THE TASK
When a line in the data below includes "quote", pick it out and copy it.

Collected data
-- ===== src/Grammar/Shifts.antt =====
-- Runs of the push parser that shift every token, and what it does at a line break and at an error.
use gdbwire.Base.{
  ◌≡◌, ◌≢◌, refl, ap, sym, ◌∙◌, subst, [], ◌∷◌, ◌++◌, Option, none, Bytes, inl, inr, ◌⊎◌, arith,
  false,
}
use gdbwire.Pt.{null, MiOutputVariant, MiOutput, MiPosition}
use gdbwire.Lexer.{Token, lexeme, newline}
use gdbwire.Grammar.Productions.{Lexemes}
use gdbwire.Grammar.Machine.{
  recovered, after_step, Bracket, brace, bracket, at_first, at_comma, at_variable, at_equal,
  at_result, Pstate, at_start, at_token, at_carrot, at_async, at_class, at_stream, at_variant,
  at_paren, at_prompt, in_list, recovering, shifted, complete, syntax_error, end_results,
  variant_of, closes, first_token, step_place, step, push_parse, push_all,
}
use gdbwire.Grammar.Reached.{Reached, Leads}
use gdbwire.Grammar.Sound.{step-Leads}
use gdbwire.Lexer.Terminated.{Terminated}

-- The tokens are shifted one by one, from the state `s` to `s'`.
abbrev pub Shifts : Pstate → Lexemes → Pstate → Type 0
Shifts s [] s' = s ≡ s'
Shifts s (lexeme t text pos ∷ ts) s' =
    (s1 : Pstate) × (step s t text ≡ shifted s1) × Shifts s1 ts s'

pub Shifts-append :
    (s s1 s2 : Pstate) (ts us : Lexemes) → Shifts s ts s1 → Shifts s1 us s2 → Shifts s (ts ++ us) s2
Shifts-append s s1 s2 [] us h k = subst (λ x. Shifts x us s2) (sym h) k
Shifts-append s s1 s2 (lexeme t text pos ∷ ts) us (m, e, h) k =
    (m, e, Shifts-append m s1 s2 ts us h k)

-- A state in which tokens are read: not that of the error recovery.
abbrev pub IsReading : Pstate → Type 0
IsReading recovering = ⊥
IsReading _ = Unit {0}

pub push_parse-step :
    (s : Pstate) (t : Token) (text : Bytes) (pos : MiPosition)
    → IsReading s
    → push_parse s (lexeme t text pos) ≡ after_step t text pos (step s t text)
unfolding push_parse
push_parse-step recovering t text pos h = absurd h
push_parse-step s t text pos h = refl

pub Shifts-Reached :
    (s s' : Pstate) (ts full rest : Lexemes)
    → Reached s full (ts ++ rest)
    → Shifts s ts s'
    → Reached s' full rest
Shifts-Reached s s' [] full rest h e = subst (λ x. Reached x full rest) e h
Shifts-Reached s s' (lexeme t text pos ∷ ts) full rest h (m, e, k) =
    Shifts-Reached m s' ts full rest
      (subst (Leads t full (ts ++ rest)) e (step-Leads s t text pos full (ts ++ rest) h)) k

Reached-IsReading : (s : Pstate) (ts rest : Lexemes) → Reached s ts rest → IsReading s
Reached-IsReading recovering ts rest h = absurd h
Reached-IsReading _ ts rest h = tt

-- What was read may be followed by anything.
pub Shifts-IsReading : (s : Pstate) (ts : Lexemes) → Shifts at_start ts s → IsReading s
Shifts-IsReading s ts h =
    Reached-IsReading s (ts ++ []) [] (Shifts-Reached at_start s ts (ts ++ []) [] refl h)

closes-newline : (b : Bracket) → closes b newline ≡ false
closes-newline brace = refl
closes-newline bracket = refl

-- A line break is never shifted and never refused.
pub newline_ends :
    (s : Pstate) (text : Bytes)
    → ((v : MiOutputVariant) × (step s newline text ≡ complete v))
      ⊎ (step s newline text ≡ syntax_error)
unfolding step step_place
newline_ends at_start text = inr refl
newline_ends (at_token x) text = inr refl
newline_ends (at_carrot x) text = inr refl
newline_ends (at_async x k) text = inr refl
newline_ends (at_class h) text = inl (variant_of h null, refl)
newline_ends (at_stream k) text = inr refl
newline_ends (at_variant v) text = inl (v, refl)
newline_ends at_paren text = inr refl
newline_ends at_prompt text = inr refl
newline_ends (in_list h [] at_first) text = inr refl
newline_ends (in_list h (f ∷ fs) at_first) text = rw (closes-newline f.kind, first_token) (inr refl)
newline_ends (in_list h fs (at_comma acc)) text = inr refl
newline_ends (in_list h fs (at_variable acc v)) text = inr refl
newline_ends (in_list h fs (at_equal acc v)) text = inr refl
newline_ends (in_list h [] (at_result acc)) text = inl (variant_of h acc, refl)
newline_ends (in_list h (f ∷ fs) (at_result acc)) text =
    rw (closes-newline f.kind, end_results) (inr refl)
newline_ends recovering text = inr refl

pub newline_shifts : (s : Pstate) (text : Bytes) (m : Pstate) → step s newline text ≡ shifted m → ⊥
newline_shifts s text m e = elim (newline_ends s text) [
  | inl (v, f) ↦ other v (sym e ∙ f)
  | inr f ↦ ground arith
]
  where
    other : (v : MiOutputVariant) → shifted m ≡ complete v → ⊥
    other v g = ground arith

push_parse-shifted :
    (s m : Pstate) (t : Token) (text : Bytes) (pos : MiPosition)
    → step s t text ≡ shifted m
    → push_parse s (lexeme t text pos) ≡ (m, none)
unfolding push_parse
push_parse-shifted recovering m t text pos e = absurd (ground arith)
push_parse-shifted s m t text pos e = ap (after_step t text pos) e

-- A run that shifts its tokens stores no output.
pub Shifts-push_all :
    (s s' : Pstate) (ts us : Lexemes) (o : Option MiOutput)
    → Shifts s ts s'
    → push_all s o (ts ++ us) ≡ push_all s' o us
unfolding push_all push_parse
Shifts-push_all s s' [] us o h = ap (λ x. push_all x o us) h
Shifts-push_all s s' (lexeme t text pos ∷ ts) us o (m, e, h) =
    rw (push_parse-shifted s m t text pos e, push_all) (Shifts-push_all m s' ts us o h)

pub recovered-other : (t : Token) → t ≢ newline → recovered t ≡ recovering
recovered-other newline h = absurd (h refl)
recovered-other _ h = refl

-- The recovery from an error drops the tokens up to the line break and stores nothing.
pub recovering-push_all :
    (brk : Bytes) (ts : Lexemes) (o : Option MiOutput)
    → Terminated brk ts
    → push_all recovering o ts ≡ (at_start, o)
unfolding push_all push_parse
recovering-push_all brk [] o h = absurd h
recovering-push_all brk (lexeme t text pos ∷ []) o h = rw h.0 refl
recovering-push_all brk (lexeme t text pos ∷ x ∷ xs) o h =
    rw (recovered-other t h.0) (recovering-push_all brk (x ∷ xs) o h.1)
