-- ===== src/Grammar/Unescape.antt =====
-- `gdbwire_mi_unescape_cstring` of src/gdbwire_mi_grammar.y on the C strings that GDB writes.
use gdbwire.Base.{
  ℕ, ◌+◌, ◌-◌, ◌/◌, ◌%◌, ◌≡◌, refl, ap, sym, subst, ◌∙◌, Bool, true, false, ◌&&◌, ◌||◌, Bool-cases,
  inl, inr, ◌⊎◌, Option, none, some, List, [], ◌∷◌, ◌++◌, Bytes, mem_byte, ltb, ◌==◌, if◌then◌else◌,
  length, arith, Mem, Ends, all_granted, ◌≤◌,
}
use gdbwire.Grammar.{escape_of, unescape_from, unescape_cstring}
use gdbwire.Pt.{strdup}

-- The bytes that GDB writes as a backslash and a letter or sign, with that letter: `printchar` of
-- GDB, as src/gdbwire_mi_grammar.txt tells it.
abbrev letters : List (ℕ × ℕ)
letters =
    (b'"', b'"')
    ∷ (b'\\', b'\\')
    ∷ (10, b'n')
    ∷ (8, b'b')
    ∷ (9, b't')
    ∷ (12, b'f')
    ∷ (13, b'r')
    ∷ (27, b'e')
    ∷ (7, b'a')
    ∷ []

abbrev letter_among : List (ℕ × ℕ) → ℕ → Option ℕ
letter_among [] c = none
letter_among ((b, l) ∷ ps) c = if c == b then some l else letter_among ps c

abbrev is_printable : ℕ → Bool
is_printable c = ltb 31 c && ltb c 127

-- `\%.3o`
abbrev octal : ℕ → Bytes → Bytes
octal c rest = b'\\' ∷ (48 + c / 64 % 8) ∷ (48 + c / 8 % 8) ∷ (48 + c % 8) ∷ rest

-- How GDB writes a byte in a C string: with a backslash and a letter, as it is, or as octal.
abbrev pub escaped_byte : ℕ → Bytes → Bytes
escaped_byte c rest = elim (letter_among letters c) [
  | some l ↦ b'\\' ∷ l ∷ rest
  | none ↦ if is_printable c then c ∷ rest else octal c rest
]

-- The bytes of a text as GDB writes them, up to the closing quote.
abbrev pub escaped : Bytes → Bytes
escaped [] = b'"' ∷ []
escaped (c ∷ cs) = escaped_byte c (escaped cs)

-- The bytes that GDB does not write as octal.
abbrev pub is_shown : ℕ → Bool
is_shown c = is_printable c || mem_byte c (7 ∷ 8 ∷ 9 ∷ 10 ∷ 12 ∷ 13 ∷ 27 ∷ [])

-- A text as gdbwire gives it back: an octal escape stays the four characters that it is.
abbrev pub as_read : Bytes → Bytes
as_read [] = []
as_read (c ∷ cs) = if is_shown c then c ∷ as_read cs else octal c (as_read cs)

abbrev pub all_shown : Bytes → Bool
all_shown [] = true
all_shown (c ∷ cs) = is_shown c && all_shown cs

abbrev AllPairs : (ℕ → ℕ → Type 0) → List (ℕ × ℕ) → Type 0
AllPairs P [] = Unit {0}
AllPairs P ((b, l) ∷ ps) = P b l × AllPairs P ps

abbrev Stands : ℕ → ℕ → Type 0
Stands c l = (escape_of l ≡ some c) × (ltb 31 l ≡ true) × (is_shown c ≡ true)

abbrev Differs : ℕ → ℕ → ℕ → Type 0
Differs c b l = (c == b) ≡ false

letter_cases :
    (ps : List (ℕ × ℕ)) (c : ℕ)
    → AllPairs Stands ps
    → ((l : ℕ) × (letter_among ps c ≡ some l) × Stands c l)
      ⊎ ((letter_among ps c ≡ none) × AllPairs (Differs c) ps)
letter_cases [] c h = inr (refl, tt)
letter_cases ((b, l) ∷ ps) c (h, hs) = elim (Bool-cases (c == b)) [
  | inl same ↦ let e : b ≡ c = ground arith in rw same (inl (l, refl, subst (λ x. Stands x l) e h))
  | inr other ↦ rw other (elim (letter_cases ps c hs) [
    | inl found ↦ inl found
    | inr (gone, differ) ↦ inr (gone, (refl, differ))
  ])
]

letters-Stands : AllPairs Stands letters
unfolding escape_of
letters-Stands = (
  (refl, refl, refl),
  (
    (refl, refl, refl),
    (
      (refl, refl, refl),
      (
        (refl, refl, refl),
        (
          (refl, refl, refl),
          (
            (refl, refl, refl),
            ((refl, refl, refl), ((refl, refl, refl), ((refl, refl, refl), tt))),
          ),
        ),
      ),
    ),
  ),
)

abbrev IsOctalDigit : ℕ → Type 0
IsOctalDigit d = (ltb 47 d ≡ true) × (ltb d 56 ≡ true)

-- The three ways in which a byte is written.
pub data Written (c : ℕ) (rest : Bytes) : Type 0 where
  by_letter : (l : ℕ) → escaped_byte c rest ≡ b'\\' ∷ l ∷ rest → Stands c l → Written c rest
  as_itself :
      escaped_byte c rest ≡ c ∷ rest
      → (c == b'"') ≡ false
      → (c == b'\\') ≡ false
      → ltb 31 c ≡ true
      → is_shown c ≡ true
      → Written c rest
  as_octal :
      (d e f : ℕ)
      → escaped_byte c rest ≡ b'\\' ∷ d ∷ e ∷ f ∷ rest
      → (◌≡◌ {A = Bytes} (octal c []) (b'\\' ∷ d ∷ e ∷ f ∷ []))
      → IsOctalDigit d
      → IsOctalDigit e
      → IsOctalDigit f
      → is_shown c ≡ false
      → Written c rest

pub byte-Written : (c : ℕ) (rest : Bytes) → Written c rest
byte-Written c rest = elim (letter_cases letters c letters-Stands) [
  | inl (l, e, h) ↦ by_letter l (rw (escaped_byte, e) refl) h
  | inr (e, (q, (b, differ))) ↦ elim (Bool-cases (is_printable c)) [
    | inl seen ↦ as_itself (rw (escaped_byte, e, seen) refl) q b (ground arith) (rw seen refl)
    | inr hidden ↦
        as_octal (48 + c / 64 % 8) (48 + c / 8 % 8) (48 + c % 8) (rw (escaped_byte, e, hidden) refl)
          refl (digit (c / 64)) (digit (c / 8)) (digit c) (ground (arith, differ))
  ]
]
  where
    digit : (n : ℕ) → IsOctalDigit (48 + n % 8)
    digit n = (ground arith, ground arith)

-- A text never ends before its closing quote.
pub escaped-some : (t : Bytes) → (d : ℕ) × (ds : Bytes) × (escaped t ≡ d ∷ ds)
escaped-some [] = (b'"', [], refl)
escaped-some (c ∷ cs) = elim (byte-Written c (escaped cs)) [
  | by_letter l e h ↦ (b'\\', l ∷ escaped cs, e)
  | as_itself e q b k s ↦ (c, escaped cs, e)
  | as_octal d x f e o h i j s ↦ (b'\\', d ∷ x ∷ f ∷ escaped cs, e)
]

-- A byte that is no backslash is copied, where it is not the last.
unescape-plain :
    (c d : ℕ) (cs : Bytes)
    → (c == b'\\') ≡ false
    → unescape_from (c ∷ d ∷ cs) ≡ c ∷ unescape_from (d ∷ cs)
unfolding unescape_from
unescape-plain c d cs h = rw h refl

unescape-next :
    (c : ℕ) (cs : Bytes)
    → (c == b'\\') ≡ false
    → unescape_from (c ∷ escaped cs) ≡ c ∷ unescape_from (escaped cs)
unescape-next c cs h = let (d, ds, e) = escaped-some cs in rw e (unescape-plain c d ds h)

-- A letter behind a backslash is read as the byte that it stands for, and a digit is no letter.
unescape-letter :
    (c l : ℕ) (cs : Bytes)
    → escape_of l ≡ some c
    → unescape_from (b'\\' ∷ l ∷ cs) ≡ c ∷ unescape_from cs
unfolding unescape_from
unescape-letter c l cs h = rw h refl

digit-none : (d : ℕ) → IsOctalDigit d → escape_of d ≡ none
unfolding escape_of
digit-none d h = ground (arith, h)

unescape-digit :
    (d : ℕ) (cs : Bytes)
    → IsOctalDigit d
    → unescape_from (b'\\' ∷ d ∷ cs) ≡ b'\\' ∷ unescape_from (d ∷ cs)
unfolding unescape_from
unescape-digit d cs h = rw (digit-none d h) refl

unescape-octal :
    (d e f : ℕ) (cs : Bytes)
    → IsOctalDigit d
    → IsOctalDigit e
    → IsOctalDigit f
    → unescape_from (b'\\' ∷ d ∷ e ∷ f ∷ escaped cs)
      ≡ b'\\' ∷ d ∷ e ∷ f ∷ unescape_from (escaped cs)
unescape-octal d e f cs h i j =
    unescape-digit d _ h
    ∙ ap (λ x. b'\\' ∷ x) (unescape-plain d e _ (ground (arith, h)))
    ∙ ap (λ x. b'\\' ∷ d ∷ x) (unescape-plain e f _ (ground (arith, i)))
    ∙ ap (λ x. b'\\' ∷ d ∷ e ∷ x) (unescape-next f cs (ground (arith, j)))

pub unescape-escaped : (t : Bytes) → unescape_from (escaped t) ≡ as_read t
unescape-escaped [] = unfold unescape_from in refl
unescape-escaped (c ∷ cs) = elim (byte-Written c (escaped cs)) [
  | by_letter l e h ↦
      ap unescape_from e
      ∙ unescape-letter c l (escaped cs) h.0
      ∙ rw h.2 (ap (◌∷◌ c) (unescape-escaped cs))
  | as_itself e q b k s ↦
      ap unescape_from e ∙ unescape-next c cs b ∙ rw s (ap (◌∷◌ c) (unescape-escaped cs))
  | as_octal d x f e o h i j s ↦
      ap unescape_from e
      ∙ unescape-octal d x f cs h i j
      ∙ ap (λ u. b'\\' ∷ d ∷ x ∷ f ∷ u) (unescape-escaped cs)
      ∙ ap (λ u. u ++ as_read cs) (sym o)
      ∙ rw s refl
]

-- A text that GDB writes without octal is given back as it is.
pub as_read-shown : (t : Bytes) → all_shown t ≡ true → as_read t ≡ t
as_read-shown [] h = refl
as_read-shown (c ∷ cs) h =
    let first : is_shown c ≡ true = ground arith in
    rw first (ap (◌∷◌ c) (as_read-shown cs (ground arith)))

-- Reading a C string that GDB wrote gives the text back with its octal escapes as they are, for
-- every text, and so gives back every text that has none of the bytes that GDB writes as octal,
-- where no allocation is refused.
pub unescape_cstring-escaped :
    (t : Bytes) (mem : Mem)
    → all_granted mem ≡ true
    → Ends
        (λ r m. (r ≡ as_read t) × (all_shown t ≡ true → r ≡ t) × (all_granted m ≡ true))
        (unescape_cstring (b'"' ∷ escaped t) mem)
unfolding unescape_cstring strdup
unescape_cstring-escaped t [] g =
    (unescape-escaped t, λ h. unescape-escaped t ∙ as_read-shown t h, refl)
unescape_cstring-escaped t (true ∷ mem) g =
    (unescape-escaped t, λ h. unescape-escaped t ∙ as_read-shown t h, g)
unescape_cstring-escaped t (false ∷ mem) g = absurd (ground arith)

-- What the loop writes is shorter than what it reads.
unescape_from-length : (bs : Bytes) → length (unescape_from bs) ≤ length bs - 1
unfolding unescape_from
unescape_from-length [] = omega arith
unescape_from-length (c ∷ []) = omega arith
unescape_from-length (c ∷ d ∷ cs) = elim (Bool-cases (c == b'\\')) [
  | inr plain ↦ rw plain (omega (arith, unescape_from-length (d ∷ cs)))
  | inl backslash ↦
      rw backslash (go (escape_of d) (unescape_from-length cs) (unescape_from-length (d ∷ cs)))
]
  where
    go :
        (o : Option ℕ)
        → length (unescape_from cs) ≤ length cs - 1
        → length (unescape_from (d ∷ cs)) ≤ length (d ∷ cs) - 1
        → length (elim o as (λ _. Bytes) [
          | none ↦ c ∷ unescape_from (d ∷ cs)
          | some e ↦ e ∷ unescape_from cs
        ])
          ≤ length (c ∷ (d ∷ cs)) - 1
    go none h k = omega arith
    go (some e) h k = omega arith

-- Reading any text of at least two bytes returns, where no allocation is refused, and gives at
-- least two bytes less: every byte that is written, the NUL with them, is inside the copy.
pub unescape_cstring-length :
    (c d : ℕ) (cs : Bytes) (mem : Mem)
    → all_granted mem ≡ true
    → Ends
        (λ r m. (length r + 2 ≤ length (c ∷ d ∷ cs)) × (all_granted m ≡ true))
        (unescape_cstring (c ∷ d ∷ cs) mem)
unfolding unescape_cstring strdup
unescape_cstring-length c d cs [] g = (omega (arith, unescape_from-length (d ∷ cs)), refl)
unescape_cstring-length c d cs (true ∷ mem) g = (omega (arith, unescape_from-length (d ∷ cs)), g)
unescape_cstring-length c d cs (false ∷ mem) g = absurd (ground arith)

SOLUTION TO THE PROBLEM
-- The bytes of a text as GDB writes them, up to the closing quote.
-- A text never ends before its closing quote.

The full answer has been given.